= Beginning of Section =

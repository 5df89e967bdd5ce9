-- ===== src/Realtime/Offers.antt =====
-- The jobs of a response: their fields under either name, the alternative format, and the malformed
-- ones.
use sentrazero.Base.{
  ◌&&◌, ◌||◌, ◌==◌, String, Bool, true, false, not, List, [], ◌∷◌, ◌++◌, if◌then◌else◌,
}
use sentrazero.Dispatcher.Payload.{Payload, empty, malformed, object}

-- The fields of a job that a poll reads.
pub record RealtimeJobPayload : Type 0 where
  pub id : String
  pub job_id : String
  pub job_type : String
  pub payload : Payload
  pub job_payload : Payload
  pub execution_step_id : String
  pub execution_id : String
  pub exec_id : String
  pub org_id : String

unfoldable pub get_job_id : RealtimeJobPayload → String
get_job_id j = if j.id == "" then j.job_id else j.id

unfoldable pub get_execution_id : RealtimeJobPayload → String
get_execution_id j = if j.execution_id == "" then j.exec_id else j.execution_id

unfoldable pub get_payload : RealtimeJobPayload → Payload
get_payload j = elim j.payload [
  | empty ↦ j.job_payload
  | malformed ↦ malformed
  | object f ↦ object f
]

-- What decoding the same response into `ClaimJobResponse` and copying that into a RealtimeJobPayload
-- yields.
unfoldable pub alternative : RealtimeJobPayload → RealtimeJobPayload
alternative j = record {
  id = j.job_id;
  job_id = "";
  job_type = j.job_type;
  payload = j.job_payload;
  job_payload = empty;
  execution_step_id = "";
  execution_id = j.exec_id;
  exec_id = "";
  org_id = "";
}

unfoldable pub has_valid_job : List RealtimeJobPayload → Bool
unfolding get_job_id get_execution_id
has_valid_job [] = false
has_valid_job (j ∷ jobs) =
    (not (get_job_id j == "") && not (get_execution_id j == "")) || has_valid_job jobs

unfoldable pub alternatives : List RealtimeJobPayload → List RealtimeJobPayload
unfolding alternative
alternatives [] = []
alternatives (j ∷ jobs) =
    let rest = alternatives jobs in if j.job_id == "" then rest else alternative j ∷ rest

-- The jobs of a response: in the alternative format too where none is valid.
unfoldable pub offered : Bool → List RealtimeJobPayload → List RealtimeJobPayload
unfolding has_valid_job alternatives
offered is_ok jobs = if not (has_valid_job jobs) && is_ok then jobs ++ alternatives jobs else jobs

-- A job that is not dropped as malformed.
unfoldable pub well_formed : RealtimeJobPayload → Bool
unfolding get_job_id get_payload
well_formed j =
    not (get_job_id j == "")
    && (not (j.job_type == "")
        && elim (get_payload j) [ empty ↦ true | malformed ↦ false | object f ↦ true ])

= End of Section =
= Beginning of Section =

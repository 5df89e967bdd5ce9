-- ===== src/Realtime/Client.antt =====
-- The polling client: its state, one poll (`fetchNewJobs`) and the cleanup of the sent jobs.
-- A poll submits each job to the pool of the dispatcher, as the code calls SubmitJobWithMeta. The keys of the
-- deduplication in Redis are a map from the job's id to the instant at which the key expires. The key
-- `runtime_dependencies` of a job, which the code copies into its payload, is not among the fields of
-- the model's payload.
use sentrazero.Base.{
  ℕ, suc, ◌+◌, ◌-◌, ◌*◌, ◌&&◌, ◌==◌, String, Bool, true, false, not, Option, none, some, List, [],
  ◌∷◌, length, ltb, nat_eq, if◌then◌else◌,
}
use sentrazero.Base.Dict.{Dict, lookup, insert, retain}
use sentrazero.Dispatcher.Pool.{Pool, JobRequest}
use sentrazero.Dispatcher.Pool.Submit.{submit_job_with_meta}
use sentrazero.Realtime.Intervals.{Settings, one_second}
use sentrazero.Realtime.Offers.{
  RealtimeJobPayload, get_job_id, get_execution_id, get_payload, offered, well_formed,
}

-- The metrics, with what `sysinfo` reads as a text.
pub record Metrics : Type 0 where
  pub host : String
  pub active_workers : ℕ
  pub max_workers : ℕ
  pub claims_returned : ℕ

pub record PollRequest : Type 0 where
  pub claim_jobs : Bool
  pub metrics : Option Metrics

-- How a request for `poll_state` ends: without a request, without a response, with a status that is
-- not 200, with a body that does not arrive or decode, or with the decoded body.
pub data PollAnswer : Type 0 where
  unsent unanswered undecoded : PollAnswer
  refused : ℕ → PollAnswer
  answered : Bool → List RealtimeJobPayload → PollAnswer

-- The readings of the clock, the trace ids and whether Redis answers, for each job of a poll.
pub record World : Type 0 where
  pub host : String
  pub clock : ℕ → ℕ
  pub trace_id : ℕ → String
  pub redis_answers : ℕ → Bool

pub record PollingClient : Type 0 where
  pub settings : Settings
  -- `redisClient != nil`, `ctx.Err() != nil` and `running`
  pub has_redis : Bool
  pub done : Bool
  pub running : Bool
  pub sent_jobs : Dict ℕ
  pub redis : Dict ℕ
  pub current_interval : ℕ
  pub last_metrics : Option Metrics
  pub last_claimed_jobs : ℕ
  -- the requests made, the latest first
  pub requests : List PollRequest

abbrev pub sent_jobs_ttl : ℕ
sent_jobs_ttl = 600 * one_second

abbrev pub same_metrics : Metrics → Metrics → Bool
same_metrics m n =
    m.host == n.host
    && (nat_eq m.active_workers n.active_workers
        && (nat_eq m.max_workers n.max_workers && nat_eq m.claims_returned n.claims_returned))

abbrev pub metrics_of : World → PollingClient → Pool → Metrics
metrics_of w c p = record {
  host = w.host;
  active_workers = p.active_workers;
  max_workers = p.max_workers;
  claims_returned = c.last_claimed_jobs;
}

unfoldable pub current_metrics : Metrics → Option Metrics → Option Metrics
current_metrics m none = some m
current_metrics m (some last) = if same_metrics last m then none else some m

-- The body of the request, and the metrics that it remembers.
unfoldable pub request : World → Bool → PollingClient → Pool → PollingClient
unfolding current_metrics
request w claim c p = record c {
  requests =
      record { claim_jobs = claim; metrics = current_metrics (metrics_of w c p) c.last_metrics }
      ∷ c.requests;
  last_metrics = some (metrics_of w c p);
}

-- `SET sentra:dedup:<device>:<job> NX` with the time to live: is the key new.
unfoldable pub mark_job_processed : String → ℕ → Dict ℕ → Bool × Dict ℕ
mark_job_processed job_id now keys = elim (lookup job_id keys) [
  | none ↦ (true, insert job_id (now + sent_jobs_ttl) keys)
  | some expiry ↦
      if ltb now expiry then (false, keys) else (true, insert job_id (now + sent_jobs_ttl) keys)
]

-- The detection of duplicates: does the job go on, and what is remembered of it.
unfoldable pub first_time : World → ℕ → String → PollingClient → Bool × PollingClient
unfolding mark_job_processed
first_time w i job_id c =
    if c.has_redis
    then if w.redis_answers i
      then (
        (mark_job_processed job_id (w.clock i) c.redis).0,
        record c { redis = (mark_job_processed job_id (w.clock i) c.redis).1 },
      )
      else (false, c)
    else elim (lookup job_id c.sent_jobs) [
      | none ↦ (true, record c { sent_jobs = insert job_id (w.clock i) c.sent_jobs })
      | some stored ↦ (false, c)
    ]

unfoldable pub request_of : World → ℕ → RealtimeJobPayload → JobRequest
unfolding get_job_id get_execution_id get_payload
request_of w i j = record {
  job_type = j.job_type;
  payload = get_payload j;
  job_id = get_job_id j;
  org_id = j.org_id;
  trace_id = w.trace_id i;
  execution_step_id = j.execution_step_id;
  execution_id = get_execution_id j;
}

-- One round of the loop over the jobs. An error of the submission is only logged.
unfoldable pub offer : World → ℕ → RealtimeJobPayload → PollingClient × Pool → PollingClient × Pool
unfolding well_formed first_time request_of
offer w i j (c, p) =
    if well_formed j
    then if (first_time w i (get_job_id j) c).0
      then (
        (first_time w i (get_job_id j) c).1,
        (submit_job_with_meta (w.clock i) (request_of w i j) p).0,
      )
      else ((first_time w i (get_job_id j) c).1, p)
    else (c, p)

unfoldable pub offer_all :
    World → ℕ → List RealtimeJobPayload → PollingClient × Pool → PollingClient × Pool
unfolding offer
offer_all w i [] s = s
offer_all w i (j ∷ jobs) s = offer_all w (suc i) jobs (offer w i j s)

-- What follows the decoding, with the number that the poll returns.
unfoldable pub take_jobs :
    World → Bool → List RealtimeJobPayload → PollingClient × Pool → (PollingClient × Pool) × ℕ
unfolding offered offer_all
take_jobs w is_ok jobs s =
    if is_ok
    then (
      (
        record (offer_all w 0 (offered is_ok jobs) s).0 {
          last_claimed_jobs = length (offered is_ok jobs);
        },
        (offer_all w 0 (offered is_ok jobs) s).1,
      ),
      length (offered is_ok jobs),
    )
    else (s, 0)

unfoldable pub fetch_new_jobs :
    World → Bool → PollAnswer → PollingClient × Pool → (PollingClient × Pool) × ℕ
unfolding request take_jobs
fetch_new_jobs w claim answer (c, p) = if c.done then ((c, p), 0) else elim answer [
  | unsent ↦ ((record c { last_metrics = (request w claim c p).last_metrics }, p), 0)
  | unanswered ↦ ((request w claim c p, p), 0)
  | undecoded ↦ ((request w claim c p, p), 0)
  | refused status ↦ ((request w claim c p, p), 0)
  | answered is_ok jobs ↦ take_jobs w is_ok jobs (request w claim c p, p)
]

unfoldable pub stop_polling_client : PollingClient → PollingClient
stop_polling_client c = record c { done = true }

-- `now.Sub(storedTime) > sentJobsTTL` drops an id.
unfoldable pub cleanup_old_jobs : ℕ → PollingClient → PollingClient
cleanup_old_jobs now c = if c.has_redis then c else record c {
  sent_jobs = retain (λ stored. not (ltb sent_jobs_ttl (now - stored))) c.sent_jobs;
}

= End of Section =
= Beginning of Section =

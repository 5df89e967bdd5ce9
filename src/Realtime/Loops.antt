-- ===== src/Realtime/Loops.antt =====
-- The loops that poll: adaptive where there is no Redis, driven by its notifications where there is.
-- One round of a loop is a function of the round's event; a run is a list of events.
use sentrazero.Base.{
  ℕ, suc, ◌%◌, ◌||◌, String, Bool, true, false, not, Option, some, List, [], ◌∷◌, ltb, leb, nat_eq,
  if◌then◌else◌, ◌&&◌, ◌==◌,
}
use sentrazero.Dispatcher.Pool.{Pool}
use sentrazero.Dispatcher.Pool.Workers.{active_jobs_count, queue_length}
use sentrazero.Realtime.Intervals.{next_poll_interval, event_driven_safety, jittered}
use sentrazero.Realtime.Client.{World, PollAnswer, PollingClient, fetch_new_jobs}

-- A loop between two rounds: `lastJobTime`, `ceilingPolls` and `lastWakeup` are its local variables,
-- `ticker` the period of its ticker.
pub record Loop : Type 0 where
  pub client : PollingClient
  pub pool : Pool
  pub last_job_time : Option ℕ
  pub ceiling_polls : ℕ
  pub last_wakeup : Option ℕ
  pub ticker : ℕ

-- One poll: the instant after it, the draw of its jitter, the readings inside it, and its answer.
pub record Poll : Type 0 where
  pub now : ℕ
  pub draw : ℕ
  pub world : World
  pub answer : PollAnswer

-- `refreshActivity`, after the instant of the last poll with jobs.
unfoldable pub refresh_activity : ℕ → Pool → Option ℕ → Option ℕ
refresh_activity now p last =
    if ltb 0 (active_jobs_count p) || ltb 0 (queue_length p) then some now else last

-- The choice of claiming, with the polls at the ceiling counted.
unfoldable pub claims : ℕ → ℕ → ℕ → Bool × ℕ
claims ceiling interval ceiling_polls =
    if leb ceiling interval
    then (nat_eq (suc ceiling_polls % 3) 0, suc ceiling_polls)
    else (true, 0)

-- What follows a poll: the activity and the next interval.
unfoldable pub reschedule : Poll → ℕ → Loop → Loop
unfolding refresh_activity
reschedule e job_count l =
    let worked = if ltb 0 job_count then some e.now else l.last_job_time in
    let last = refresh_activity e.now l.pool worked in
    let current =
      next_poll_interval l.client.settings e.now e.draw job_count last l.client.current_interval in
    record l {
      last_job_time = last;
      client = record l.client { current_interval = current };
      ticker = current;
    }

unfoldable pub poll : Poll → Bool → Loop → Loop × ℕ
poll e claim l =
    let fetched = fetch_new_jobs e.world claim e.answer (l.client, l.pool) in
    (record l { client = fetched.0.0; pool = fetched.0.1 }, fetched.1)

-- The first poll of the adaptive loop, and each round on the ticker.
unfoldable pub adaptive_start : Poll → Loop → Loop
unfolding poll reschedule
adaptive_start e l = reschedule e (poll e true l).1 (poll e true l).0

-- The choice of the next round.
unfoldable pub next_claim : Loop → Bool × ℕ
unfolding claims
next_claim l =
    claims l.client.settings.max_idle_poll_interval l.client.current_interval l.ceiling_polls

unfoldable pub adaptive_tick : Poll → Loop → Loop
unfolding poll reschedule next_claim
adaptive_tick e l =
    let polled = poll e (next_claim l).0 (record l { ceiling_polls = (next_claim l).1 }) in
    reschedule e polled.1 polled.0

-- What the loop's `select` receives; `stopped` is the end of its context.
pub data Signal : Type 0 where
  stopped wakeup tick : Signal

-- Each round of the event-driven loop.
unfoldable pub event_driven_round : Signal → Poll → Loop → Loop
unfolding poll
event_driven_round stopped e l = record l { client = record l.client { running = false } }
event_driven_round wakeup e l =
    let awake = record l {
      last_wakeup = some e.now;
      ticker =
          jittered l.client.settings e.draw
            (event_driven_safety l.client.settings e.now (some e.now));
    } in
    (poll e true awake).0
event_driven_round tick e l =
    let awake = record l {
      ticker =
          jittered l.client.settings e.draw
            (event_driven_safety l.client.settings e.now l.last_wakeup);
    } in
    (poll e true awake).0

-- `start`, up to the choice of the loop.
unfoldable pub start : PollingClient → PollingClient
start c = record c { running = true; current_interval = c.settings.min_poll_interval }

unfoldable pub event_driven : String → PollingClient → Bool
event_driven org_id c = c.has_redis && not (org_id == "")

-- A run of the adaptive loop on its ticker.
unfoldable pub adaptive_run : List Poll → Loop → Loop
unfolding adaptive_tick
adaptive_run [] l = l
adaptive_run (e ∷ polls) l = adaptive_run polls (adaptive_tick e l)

= End of Section =

Could you return exactly the lines above from the line with "unfoldable pub has_valid_job" to the line with "f ↦ true ])", both included, and nothing else?

unfoldable pub has_valid_job : List RealtimeJobPayload → Bool
unfolding get_job_id get_execution_id
has_valid_job [] = false
has_valid_job (j ∷ jobs) =
    (not (get_job_id j == "") && not (get_execution_id j == "")) || has_valid_job jobs

unfoldable pub alternatives : List RealtimeJobPayload → List RealtimeJobPayload
unfolding alternative
alternatives [] = []
alternatives (j ∷ jobs) =
    let rest = alternatives jobs in if j.job_id == "" then rest else alternative j ∷ rest

-- The jobs of a response: in the alternative format too where none is valid.
unfoldable pub offered : Bool → List RealtimeJobPayload → List RealtimeJobPayload
unfolding has_valid_job alternatives
offered is_ok jobs = if not (has_valid_job jobs) && is_ok then jobs ++ alternatives jobs else jobs

-- A job that is not dropped as malformed.
unfoldable pub well_formed : RealtimeJobPayload → Bool
unfolding get_job_id get_payload
well_formed j =
    not (get_job_id j == "")
    && (not (j.job_type == "")
        && elim (get_payload j) [ empty ↦ true | malformed ↦ false | object f ↦ true ])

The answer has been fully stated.